In the listing below, the lines starting with the line with "-- IndexRecovery.Attempts counts" and going on through the line with "pub mod Rbac" are to be reproduced exactly, and only those.

━━━━━━━━━━━━━━━━━━━━━━━━━━━━━━

-- ===== src/Lib.antt =====
-- The core rules of the knowledge base's backend: who may see and change what, how
-- connector synchronisation is queued, how calls are limited, what the approval agent may do, which
-- passages an answer quotes, and which department a document is routed to.
--
-- Accounts        The rows that authorization reads (src/models/user.py, src/models/rbac.py, src/models/article.py).
-- Rbac            src/domain/rbac.py: `AuthorizationService`, one function per method. `scope_allows` is
--                 `_scope_allows`; the loop of `has_permission` is `any` over roles and assignments.
-- Permissions     src/domain/permissions.py: `PermissionService`, on top of Rbac; the set of providers whose ACL
--                 counts comes from src/domain/connector_providers.py.
-- RateLimit       src/core/rate_limit.py: the sliding-window limiter in memory, and the Redis limiter with its
--                 fallback to it.
-- SyncQueue       src/domain/sync_queue.py: enqueue, claim, start, finish and recovery of requests, each a
--                 function from the table's rows to its rows; `Mutex.Step` is the relation of their steps.
-- CircuitBreaker  `CircuitBreaker` of src/rag/cross_encoder.py and the calls of it in src/domain/search_service.py.
-- ApprovalAgent   src/domain/approval_agent.py: rules, risk tiers, the selection of a rule, the reading of the
--                 model's reply (Reply), the decision, its application and the pass over the queue.
-- AccessTokens    src/domain/access_tokens.py: creation, revocation and authentication of tokens.
-- Timeline        src/domain/temporal.py and src/domain/conflict_decisions.py: validity dates, ranking by them, and
--                 the decisions of reviewers on conflicts.
-- IndexRecovery   src/domain/index_recovery.py: the attempts that an error text records, and the sweep over stuck
--                 articles.
-- Governance      src/domain/governance.py, from the submission of a draft to its approval or rejection, with the
--                 queries of src/repositories/governance.py and src/repositories/user.py and the lookups of
--                 src/domain/departments.py. Decisions: submission, approver rules, assignment, rejection.
--                 Selection and Publication: `approve_draft` and what it publishes. Reading: the reading
--                 view. Queue: the list of drafts and the count on the Home card (Awaiting). Candidates:
--                 the batch review. Commit: `commit_candidates`.
--                 Gaps: what readers reported missing. `Workflow.Step` is the relation of the
--                 operations' steps on one draft.
-- EditRequests    src/domain/article_edit_requests.py: a reader's request to correct an article.
-- Retry           src/core/retry.py: the exponential retry; an attempt is the answer of a call.
-- Routing         src/domain/department_routing.py. Sections: the split of a formatted document. Suggest: the ranking
--                 of departments by keywords. Grouping: hollow sections and neighbours. Model: the routing by
--                 a language model, on top of the others.
-- AclAuto         src/domain/acl_auto.py: what a provider's access list means without a mapping; Resolution is
--                 `auto_resolve`, one function per pass.
-- AutoPublish     src/domain/department_auto_publish.py: the sweep over departments without a review, which calls
--                 `approve_draft` of Governance and the risk tiers of ApprovalAgent; `follow_up` is the end of
--                 `approve_draft`, behind its commit.
-- Versions        src/domain/article_changes.py: the selection of the versions that are compared.
-- Text            Python's operations on texts, as lists of code points.
-- Prelude         Tests on numbers, Python's `any`, `all` and comprehensions, equality, dicts.
--
-- A component's file holds its definitions; the modules below it hold the theorems, and Examples
-- the theorems at concrete inputs.
--
-- A row is a record, a table a list of rows, a nullable column an `Option`, a UUID a number, a point in
-- time a number of seconds (of days in Timeline). The clock's readings and the keys that the
-- database gives are arguments. A method that runs under a lock or in one transaction is one step.
-- Numbers are unbounded, as in Python. The definitions recurse on lists, a retry on the
-- attempts that are left; `passes` in
-- IndexRecovery.Attempts counts the passes it makes, and three are shown to be enough.
--
-- Code that is not under src/ comes as an argument: SHA-256, text folding and the random
-- text of a token (AccessTokens), `json.loads` and the language model (ApprovalAgent), the replies of
-- Redis (RateLimit), the regular expression that reads an attempt and the printing of numbers (IndexRecovery), the folding and
-- stripping of texts and the result of the restructuring model (Governance, EditRequests), the
-- operation that is tried again (Retry), the lower case of texts and the model's client (Routing), the
-- folding of names and the search for addresses (AclAuto), and whether a rollback expires the rows
-- loaded before it (AutoPublish; the approval agent's pass is modelled without such expiry).
-- Some code of the repository is an argument too: what the agent calls of
-- src/domain/governance.py and src/repositories/user.py (`Services` in ApprovalAgent), the comparison of
-- two snapshots (Versions), and the outcomes of the steps that follow a publication (`FollowUps` in
-- AutoPublish), of which the order and the rollbacks are modelled.
-- The queries behind the tables are lists that are given.
--
-- Not modelled: the HTTP API, the other queries of the repositories, the migrations, the workers' wiring, the model and
-- provider clients, text extraction, and the services that only order such calls. Of
-- the approval of a draft the writing of the article's other columns, the indexing and the followers'
-- notifications are left out. Chunking is not modelled either.
pub mod Prelude
pub mod Accounts
pub mod Rbac
pub mod Permissions
pub mod RateLimit
pub mod SyncQueue
pub mod Text
pub mod Routing
pub mod AclAuto
pub mod AutoPublish
pub mod Versions
pub mod CircuitBreaker
pub mod ApprovalAgent
pub mod AccessTokens
pub mod Timeline
pub mod IndexRecovery
pub mod Governance
pub mod Retry
pub mod EditRequests
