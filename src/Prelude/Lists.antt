-- ===== src/Prelude/Lists.antt =====
-- Lists measured by native numbers, and Python's `any`, `all` and filtering comprehension.
use Prim.Native.Nat.{ℕ, zero, suc, ◌+◌, ◌≤◌}
use mathlib.Core.Path.{◌≡◌, refl, ap, sym, subst, ◌∙◌}
use mathlib.Core.Logic.{inl, inr}
use mathlib.Core.Bool.{Bool, true, false, ◌&&◌, ◌||◌}
use mathlib.Core.Option.{Option, none, some}
use mathlib.Core.List.{List, [], ◌∷◌, ◌++◌, Memᴰ, map}
use native.Mathlib.Omega.{arith}
use qnsc_kb_backend.Prelude.Tests.{if◌then◌else◌, ||-eq-true, Bool-cases}

module _ {ℓ} {A : Type ℓ} where
  abbrev pub length : List A → ℕ
  length [] = 0
  length (_ ∷ xs) = suc (length xs)

  abbrev pub take : ℕ → List A → List A
  take zero xs = []
  take (suc n) [] = []
  take (suc n) (x ∷ xs) = x ∷ take n xs

  pub not-Memᴰ-nil : {a : A} → ¬ Memᴰ a []
  not-Memᴰ-nil m = elim m [ ]

  pub length-append : (xs ys : List A) → length (xs ++ ys) ≡ length xs + length ys
  length-append [] ys = omega arith
  length-append (x ∷ xs) ys = omega (arith, length-append xs ys)

  pub Memᴰ-take : {a : A} (n : ℕ) (xs : List A) → Memᴰ a (take n xs) → Memᴰ a xs
  Memᴰ-take zero xs m = absurd (not-Memᴰ-nil m)
  Memᴰ-take (suc n) [] m = m
  Memᴰ-take (suc n) (x ∷ xs) (Memᴰ.head e) = Memᴰ.head e
  Memᴰ-take (suc n) (x ∷ xs) (Memᴰ.tail m) = Memᴰ.tail (Memᴰ-take n xs m)

  -- any(p(x) for x in xs)
  abbrev pub any : (A → Bool) → List A → Bool
  any p [] = false
  any p (x ∷ xs) = p x || any p xs

  abbrev pub all : (A → Bool) → List A → Bool
  all p [] = true
  all p (x ∷ xs) = p x && all p xs

  -- [x for x in xs if p(x)]
  abbrev pub filter : (A → Bool) → List A → List A
  filter p [] = []
  filter p (x ∷ xs) = let rest = filter p xs in if p x then x ∷ rest else rest

module _ {ℓ} {A : Type ℓ} (p : A → Bool) where
  pub any-Memᴰ : (xs : List A) → any p xs ≡ true → (x : A) × Memᴰ x xs × (p x ≡ true)
  any-Memᴰ [] h = absurd (cc h)
  any-Memᴰ (x ∷ xs) h = elim (||-eq-true (p x) (any p xs) h) [
    | inl here ↦ (x, Memᴰ.head refl, here)
    | inr later ↦ let (y, m, q) = any-Memᴰ xs later in (y, Memᴰ.tail m, q)
  ]

  pub any_of_Memᴰ : (xs : List A) {x : A} → Memᴰ x xs → p x ≡ true → any p xs ≡ true
  any_of_Memᴰ [] m h = elim m [ ]
  any_of_Memᴰ (y ∷ xs) (Memᴰ.head e) h = let q : p y ≡ true = rw (← e) h in ground arith
  any_of_Memᴰ (y ∷ xs) (Memᴰ.tail m) h = let q = any_of_Memᴰ xs m h in ground arith

  filter_head :
      (y : A) (xs rest : List A) {x : A} (b : Bool)
      → p y ≡ b
      → (Memᴰ x rest → Memᴰ x xs × (p x ≡ true))
      → Memᴰ x (if b then y ∷ rest else rest)
      → Memᴰ x (y ∷ xs) × (p x ≡ true)
  filter_head y xs rest true e ih (Memᴰ.head q) = (Memᴰ.head q, rw q e)
  filter_head y xs rest true e ih (Memᴰ.tail m) = (Memᴰ.tail (ih m).0, (ih m).1)
  filter_head y xs rest false e ih m = (Memᴰ.tail (ih m).0, (ih m).1)

  pub Memᴰ-filter : (xs : List A) {x : A} → Memᴰ x (filter p xs) → Memᴰ x xs × (p x ≡ true)
  Memᴰ-filter [] m = elim m [ ]
  Memᴰ-filter (y ∷ xs) {x} m =
      filter_head y xs (filter p xs) (p y) refl (λ k. Memᴰ-filter xs {x = x} k) m

  filter_tail :
      (y : A) (rest : List A) {x : A} (b : Bool)
      → Memᴰ x rest
      → Memᴰ x (if b then y ∷ rest else rest)
  filter_tail y rest true m = Memᴰ.tail m
  filter_tail y rest false m = m

  pub filter_of_Memᴰ : (xs : List A) {x : A} → Memᴰ x xs → p x ≡ true → Memᴰ x (filter p xs)
  filter_of_Memᴰ [] m h = elim m [ ]
  filter_of_Memᴰ (y ∷ xs) (Memᴰ.head e) h = let q : p y ≡ true = rw (← e) h in rw q (Memᴰ.head e)
  filter_of_Memᴰ (y ∷ xs) (Memᴰ.tail m) h =
      filter_tail y (filter p xs) (p y) (filter_of_Memᴰ xs m h)

  pub length-filter : (xs : List A) → length (filter p xs) ≤ length xs
  length-filter [] = omega arith
  length-filter (x ∷ xs) = ground (arith, length-filter xs)

  pub length-filter-append :
      (xs ys : List A) → length (filter p (xs ++ ys)) ≡ length (filter p xs) + length (filter p ys)
  length-filter-append [] ys = omega arith
  length-filter-append (x ∷ xs) ys = ground (arith, length-filter-append xs ys)

module _ {ℓ} {A : Type ℓ} where
  -- The first element that passes the test.
  abbrev pub find : (A → Bool) → List A → Option A
  find p [] = none
  find p (x ∷ xs) = if p x then some x else find p xs

  pub find-Memᴰ :
      (p : A → Bool) (xs : List A) (x : A) → find p xs ≡ some x → Memᴰ x xs × (p x ≡ true)
  find-Memᴰ p [] x h = absurd (cc h)
  find-Memᴰ p (y ∷ xs) x h = elim (Bool-cases (p y)) [
    | inl e ↦
        let q : some y ≡ some x = rw e at h in let s : x ≡ y = cc q in (Memᴰ.head s, ap p s ∙ e)
    | inr e ↦ let (m, q) = find-Memᴰ p xs x (rw e at h) in (Memᴰ.tail m, q)
  ]

  pub find-append :
      (p : A → Bool) (xs ys : List A) → any p xs ≡ false → find p (xs ++ ys) ≡ find p ys
  find-append p [] ys h = refl
  find-append p (x ∷ xs) ys h = ground (arith, find-append p xs ys)

-- `P` holds of every element.
module _ {ℓ} {A : Type ℓ} (P : A → Type 0) where
  abbrev pub Each : List A → Type 0
  Each [] = Unit
  Each (x ∷ xs) = P x × Each xs

  pub Each-append : (xs ys : List A) → Each xs → Each ys → Each (xs ++ ys)
  Each-append [] ys _ q = q
  Each-append (x ∷ xs) ys (p, ps) q = (p, Each-append xs ys ps q)

  pub Memᴰ-Each : (xs : List A) → ((x : A) → Memᴰ x xs → P x) → Each xs
  Memᴰ-Each [] h = tt
  Memᴰ-Each (x ∷ xs) h = (h x (Memᴰ.head refl), Memᴰ-Each xs (λ y m. h y (Memᴰ.tail m)))

  pub Each-Memᴰ : (xs : List A) {x : A} → Each xs → Memᴰ x xs → P x
  Each-Memᴰ [] _ m = absurd (not-Memᴰ-nil m)
  Each-Memᴰ (y ∷ ys) (p, ps) (Memᴰ.head e) = subst P (sym e) p
  Each-Memᴰ (y ∷ ys) (p, ps) (Memᴰ.tail m) = Each-Memᴰ ys ps m

  pub Each-map {κ} :
      {B : Type κ} (f : B → A) (xs : List B) → ((x : B) → Memᴰ x xs → P (f x)) → Each (map f xs)
  Each-map f [] h = tt
  Each-map f (x ∷ xs) h = (h x (Memᴰ.head refl), Each-map f xs (λ y m. h y (Memᴰ.tail m)))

━━━━━━━━━━━━━━━━━━━━━━━━━━━━━━

### Answer section
-- IndexRecovery.Attempts counts the passes it makes, and three are shown to be enough.
--
-- Code that is not under src/ comes as an argument: SHA-256, text folding and the random
-- text of a token (AccessTokens), `json.loads` and the language model (ApprovalAgent), the replies of
-- Redis (RateLimit), the regular expression that reads an attempt and the printing of numbers (IndexRecovery), the folding and
-- stripping of texts and the result of the restructuring model (Governance, EditRequests), the
-- operation that is tried again (Retry), the lower case of texts and the model's client (Routing), the
-- folding of names and the search for addresses (AclAuto), and whether a rollback expires the rows
-- loaded before it (AutoPublish; the approval agent's pass is modelled without such expiry).
-- Some code of the repository is an argument too: what the agent calls of
-- src/domain/governance.py and src/repositories/user.py (`Services` in ApprovalAgent), the comparison of
-- two snapshots (Versions), and the outcomes of the steps that follow a publication (`FollowUps` in
-- AutoPublish), of which the order and the rollbacks are modelled.
-- The queries behind the tables are lists that are given.
--
-- Not modelled: the HTTP API, the other queries of the repositories, the migrations, the workers' wiring, the model and
-- provider clients, text extraction, and the services that only order such calls. Of
-- the approval of a draft the writing of the article's other columns, the indexing and the followers'
-- notifications are left out. Chunking is not modelled either.
pub mod Prelude
pub mod Accounts
pub mod Rbac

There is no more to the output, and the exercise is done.